Well, that's far from hypothetical. Look no further than JFK, a president at least as polarizing as any other in the 20th century and on the whole less productive than most. When he went to Dallas, it was to shore up support for a re-election bid in a part of the country where a lot of folks flat out hated him. Anti-Kennedy rhetoric was so strong and nasty in many Texas households that when schools there announced the shooting, kids cheered.

But then he was dead and suddenly he's a saint who everyone alive at the time voted for (despite winning by the slimmest margin on record) and everyone loved. And if he didn't accomplish much, well it's only because he wasn't finished, and of course we wouldn't have stayed in Vietnam with him in office, and we'd all be living in Moon colonies now and there would be rainbows every morning and peace and love for everyone, yadda yadda.

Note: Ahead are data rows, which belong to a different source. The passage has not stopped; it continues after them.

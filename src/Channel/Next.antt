-- ===== src/Channel/Next.antt =====
-- The next packet of a channel: it is parsed, and then the packets that it was waited for.
use dubuframework.Base.{
  ℕ, suc, ◌+◌, ◌-◌, ◌%◌, ◌≤◌, ◌<◌, ◌≡◌, ◌≢◌, Bool, true, false, List, ◌++◌, append_assoc, arith,
  update, ==_iff, ne→==, u32, succ32, ◌/◌,
}
use native.Mathlib.Decide.{dec_lt, ℕ_discrete}
use dubuframework.Sequence.{IsStream}
use dubuframework.Packet.{Packet}
use dubuframework.PacketState.{window_count, RecvState}
use dubuframework.Host.{Host, IsLog}
use dubuframework.Channel.{CachePacket, CacheAlreadyPacket, Receiving, run_ahead, receive_next}
use dubuframework.Channel.Ahead.{
  messages, SlotHolds, IsWindow, Ran, gap_at_one, run_ahead-Ran, run_ahead_gap,
}

-- What a call leaves behind: `m` more messages are parsed, in order.
pub record Outcome {S : Type 0} (msg : ℕ → Packet) (seen : S → List Packet) (got : ℕ → Bool) (k : ℕ)
    (r r' : Receiving S) : Type 0 where
  pub m : ℕ
  pub w : ℕ
  pub window : IsWindow msg got 2 (k + m) w r'.cap
  pub log : seen r'.host ≡ seen r.host ++ messages msg k m

SlotHolds-arrived :
    (msg : ℕ → Packet) (b b' : Bool) (w d n : ℕ) (c : CachePacket)
    → (1 ≤ d → b' ≡ b)
    → SlotHolds msg b 2 w (d + 1) n c
    → SlotHolds msg b' 1 (w - 1) d n c
SlotHolds-arrived msg b b' w d n c same s = ground arith

module _ (msg : ℕ → Packet) (got : ℕ → Bool) {k w : ℕ} {cap : CacheAlreadyPacket} where
  -- Message `k + 1` has arrived: the slots, one place nearer.
  slots_next :
      IsWindow msg got 2 k w cap
      → (d : ℕ) → d < window_count
      → SlotHolds msg
          (update got (k + 1) true (k + 1 + d))
          1
          (w - 1)
          d
          (k + 1 + d)
          (cap.cache_packets ((k + 1 + d) % window_count))
  slots_next v d lt = elim (dec_lt d 63) [
    | yes p ↦
        let e : k + (d + 1) ≡ k + 1 + d = omega arith in
        SlotHolds-arrived msg (got (k + 1 + d)) (update got (k + 1) true (k + 1 + d)) w d
          (k + 1 + d) (cap.cache_packets ((k + 1 + d) % window_count)) (λ le. ground arith)
          (rw e at (v.slots (d + 1) (omega arith)))
    | no p ↦
        let e : (k + 1 + d) % window_count ≡ (k + 0) % window_count = omega arith in
        rw e (ground (arith, v.slots 0 (omega arith), v.beyond (k + 1 + d)))
  ]

  next-IsWindow :
      (rps : RecvState)
      → IsWindow msg got 2 k w cap
      → rps.recv_repeat_seq ≡ u32 (k + 1)
      → rps.last_repeat_seq ≡ u32 (k + 1 + (w - 1))
      → IsWindow msg (update got (k + 1) true) 1 (k + 1) (w - 1) (record cap { rps = rps })
  next-IsWindow rps v er el = record {
    recv_at = er;
    last_at = el;
    within = omega (arith, v.within);
    slots = slots_next v;
    done = λ n le. ground (arith, v.done n);
    beyond = λ n le. ground (arith, v.beyond n);
  }

module _ {S : Type 0} (h : Host S) (msg : ℕ → Packet) (stream : IsStream msg)
    (seen : S → List Packet) (laws : IsLog h seen) (got : ℕ → Bool) {k w : ℕ} (r : Receiving S)
    (v : IsWindow msg got 2 k w r.cap) where
  -- The state once the packet is parsed.
  abbrev parsed : Receiving S
  parsed = record {
    cap = record r.cap {
      rps = record r.cap.rps {
        recv_repeat_seq = (msg (k + 1)).header.sequence_no;
        cache_repeat_count = r.cap.rps.cache_repeat_count / 2;
      };
    };
    caches = r.caches;
    host = h.packet_parse (msg (k + 1)) r.host;
  }

  abbrev done : Receiving S
  done = run_ahead h window_count (u32 (k + 1)) parsed

  gap :
      w ≡ 0
      → (r.cap.cache_packets (succ32 (msg (k + 1)).header.sequence_no % window_count)).is_keep
        ≡ false
  gap e =
      let i : succ32 (msg (k + 1)).header.sequence_no % window_count ≡ (k + 2) % window_count =
        omega (arith, stream.numbered (k + 1)) in
      rw i (ground (arith, v.slots 2 (omega arith)))

  next_of_first :
      w ≡ 0
      → receive_next h (msg (k + 1)) r ≡ record parsed {
        cap = record parsed.cap {
          rps = record parsed.cap.rps { last_repeat_seq = (msg (k + 1)).header.sequence_no };
        };
      }
  unfolding receive_next
  next_of_first e =
      let q : r.cap.rps.recv_repeat_seq ≡ r.cap.rps.last_repeat_seq =
        omega (arith, v.recv_at, v.last_at) in
      rw (
        (==_iff _ _).1 q,
        run_ahead_gap h msg got 63 (msg (k + 1)).header.sequence_no parsed (gap e),
      )

  next_of_more : w ≢ 0 → receive_next h (msg (k + 1)) r ≡ done
  unfolding receive_next
  next_of_more ne =
      let q : r.cap.rps.recv_repeat_seq ≢ r.cap.rps.last_repeat_seq =
        omega (arith, v.recv_at, v.last_at, v.within) in
      rw (ne→== _ _ q, stream.numbered (k + 1))

  abbrev got' : ℕ → Bool
  got' = update got (k + 1) true

  -- The packet and then the loop.
  more : Ran h msg got' seen (k + 1) (w - 1) parsed done → Outcome msg seen got' k r done
  more ran = record {
    m = suc ran.m;
    w = w - 1 - ran.m;
    window = let e : k + 1 + ran.m ≡ k + suc ran.m = omega arith in rw (← e) ran.window;
    log = rw (ran.log, laws.seen-parse, append_assoc);
  }

  one :
      w ≡ 0
      → IsWindow msg got' 2 (k + 1) (w - 1) (record parsed.cap {
        rps = record parsed.cap.rps { last_repeat_seq = (msg (k + 1)).header.sequence_no };
      })
  one e =
      gap_at_one msg got'
        (next-IsWindow msg got _ v (stream.numbered (k + 1))
          (omega (arith, stream.numbered (k + 1))))
        (ground (arith, v.slots 2 (omega arith)))

  pub receive_next-Outcome : Outcome msg seen got' k r (receive_next h (msg (k + 1)) r)
  receive_next-Outcome = elim (ℕ_discrete w 0) [
    | yes e ↦
        rw (next_of_first e)
          (record { m = 1; w = w - 1; window = one e; log = laws.seen-parse (msg (k + 1)) r.host })
    | no ne ↦ rw (next_of_more ne) (
        more (
          run_ahead-Ran h msg got' seen laws window_count parsed (omega (arith, v.within))
            (next-IsWindow msg got _ v (stream.numbered (k + 1)) (omega (arith, v.last_at)))))
  ]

This sort of hagiography is only partially the result of a leftist bent to the media; it's also fueled by a collective guilt. We can't imagine what could have driven Oswald to such an insane act today, but lying awake the night of Nov. 21 in Dallas, he probably thought he'd get a parade.

We saw it all again with Princess Diana, perpetual tabloid fodder and party-hopping absentee Mom before her death and Queen of Saints as soon as the car crashed. Walking punch line today, beloved icon tomorrow. Michael Jackson: see above.

So I've no doubt if Michael Bay were killed, they'd play him up as a guy everyone loved and say, "Why would anyone do this?" But no, I wouldn't smile if he died.

Well, maybe if he died in a spectacular explosion after the broken-off spire of the Chrysler Building crashed through him and ruptured a gas main, all documented by four cameras and edited together in a series of flash-cuts. Otherwise, no.

Eduardo M. said...

I gotta disagree with you on this one Julian. The guy didn't show bravery at his death. He showed a cliche. What the guy did was disgusting and full of hate and in dying he showed he was nothing but a brutal thug. I'm not a fan of teh death penalty but I dont shed tears over this guy nor will I honor his "guts". The man is no hero and deserves no praise.